Real-World Applications
Post-conference action planning: A conference organiser used 25/10 with 150 attendees at the end of a two-day event. The invitation was "What is the single boldest action our industry should take in the next year?" The Top 10 became the published conference commitments.
Sprint retrospective with multiple teams: A Scrum Master ran 25/10 with four teams (about 40 people) after a challenging quarter. The question was "If you were 10 times bolder, what would you change about how our teams work together?" The top-scoring idea led to a cross-team working group that cut handoff delays by half.

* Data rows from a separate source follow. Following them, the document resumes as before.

-- ===== src/Config.antt =====
-- api/internal/config: Load, from an environment that is a function. strconv.Atoi and
-- time.ParseDuration are parameters, none for their errors.
pub mod Load
pub mod Lists
pub mod Steps
pub mod Settings
use ecosystem_complete.Prelude.{
  ℕ, ◌*◌, String, Bool, true, false, ◌||◌, Option, none, some, List, [], ◌∷◌, ◌==◌, ℤ, pos, ltb,
  leb_ℤ, if◌then◌else◌,
}
use Prim.Native.Char.{Char}
use ecosystem_complete.Prelude.Text.{trim_space, to_lower, byte_length}
use ecosystem_complete.Prelude.Split.{split_on}
use ecosystem_complete.Database.{Duration, minute}

-- slog.Level
pub data Level : Type 0 where
  debug info warn error : Level

pub record Config : Type 0 where
  pub http_addr : String
  pub database_url : String
  pub redis_addr : String
  pub rabbitmq_url : String
  pub db_init_dir : String
  pub cors_origins : List String
  pub mail_queue : String
  pub smtp_addr : String
  pub mail_from : String
  pub jwt_secret : String
  pub access_token_ttl : Duration
  pub refresh_token_ttl : Duration
  pub login_max_attempts : ℤ
  pub login_lock_duration : Duration
  pub cookie_secure : Bool
  pub google_client_id : String
  pub apple_client_id : String
  pub auto_migrate : Bool
  pub log_level : Level
  pub shutdown_timeout : Duration

-- What Load returns; the error names the variable.
pub data Loaded : Type 0 where
  ok : Config → Loaded
  missing invalid : String → Loaded

abbrev pub min_jwt_secret_length : ℕ
min_jwt_secret_length = 32

-- The variables that hold durations. Load visits them in the order of a Go map, which is any.
pub data DurationKey : Type 0 where
  access_token_ttl refresh_token_ttl login_lock_duration : DurationKey

abbrev pub key_name : DurationKey → String
key_name DurationKey.access_token_ttl = "ACCESS_TOKEN_TTL"
key_name DurationKey.refresh_token_ttl = "REFRESH_TOKEN_TTL"
key_name DurationKey.login_lock_duration = "LOGIN_LOCK_DURATION"

abbrev pub duration_of : DurationKey → Config → Duration
duration_of DurationKey.access_token_ttl cfg = cfg.access_token_ttl
duration_of DurationKey.refresh_token_ttl cfg = cfg.refresh_token_ttl
duration_of DurationKey.login_lock_duration cfg = cfg.login_lock_duration

abbrev pub set_duration : DurationKey → Duration → Config → Config
set_duration DurationKey.access_token_ttl d cfg = record cfg { access_token_ttl = d }
set_duration DurationKey.refresh_token_ttl d cfg = record cfg { refresh_token_ttl = d }
set_duration DurationKey.login_lock_duration d cfg = record cfg { login_lock_duration = d }

-- The pieces that are not blank, without the blanks around them.
unfoldable pub keep_pieces : List String → List String
unfolding trim_space
keep_pieces [] = []
keep_pieces (piece ∷ pieces) =
    let rest = keep_pieces pieces in
    if trim_space piece == "" then rest else trim_space piece ∷ rest

-- splitList
unfoldable pub split_list : String → List String
unfolding split_on keep_pieces
split_list raw = if raw == "" then [] else keep_pieces (split_on 44 raw)

module _ (lower_other : Char → Char) where
  -- parseBool
  unfoldable pub parse_bool : String → Option Bool
  unfolding to_lower
  parse_bool raw =
      let s = to_lower lower_other raw in
      if (s == "true") || (s == "1")
      then some true
      else if (s == "false") || (s == "0")
      then some false
      else none

  -- parseLogLevel
  unfoldable pub parse_log_level : String → Option Level
  unfolding to_lower
  parse_log_level raw =
      let s = to_lower lower_other raw in
      if s == "debug"
      then some debug
      else if s == "info"
      then some info
      else if s == "warn"
      then some warn
      else if s == "error"
      then some error
      else none

-- The tests of the required variables
unfoldable pub require : Config → Loaded
unfolding byte_length
require cfg =
    if cfg.database_url == ""
    then missing "DATABASE_URL"
    else if cfg.redis_addr == ""
    then missing "REDIS_ADDR"
    else if cfg.jwt_secret == ""
    then missing "JWT_SECRET"
    else if ltb (byte_length cfg.jwt_secret) min_jwt_secret_length
    then invalid "JWT_SECRET"
    else ok cfg

module _ (getenv : String → String) where
  unfoldable pub lookup : String → String
  unfolding trim_space
  lookup key = trim_space (getenv key)

  unfoldable pub value_or : String → String → String
  unfolding lookup
  value_or key fallback = if lookup key == "" then fallback else lookup key

  -- The literal that Load starts from
  unfoldable pub defaults : Config
  unfolding lookup value_or split_list
  defaults = record {
    http_addr = value_or "HTTP_ADDR" ":8080";
    database_url = lookup "DATABASE_URL";
    redis_addr = lookup "REDIS_ADDR";
    rabbitmq_url = lookup "RABBITMQ_URL";
    db_init_dir = value_or "DB_INIT_DIR" "/app/database/init";
    cors_origins = split_list (lookup "CORS_ALLOWED_ORIGINS");
    mail_queue = value_or "MAIL_QUEUE" "melia.mail";
    smtp_addr = value_or "SMTP_ADDR" "mailpit:1025";
    mail_from = value_or "MAIL_FROM" "no-reply@melia.test";
    jwt_secret = lookup "JWT_SECRET";
    access_token_ttl = pos (15 * minute);
    refresh_token_ttl = pos (43_200 * minute);
    login_max_attempts = pos 5;
    login_lock_duration = pos (15 * minute);
    cookie_secure = true;
    google_client_id = value_or "GOOGLE_CLIENT_ID" "";
    apple_client_id = value_or "APPLE_CLIENT_ID" "";
    auto_migrate = true;
    log_level = info;
    shutdown_timeout = pos 10_000_000_000;
  }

Strategy kickoff for a leadership team: A consultant used 25/10 with 25 senior leaders at the start of a strategy day. The question was "What is the biggest opportunity we are ignoring?" Three of the Top 10 ideas were variations on the same theme, which redirected the entire day's agenda.
Community engagement event: A local council facilitator used 25/10 with 80 residents at a town planning consultation. The question was "What would make this neighbourhood a place you are proud to live in 10 years from now?" The Top 10 ideas fed directly into the council's investment plan.
Innovation day at a technology company: An L&D team used 25/10 with 60 engineers during an internal hackathon kickoff. The question was "What product feature would you build if you had zero constraints?" The highest-scoring ideas became the seed projects for the hackathon teams.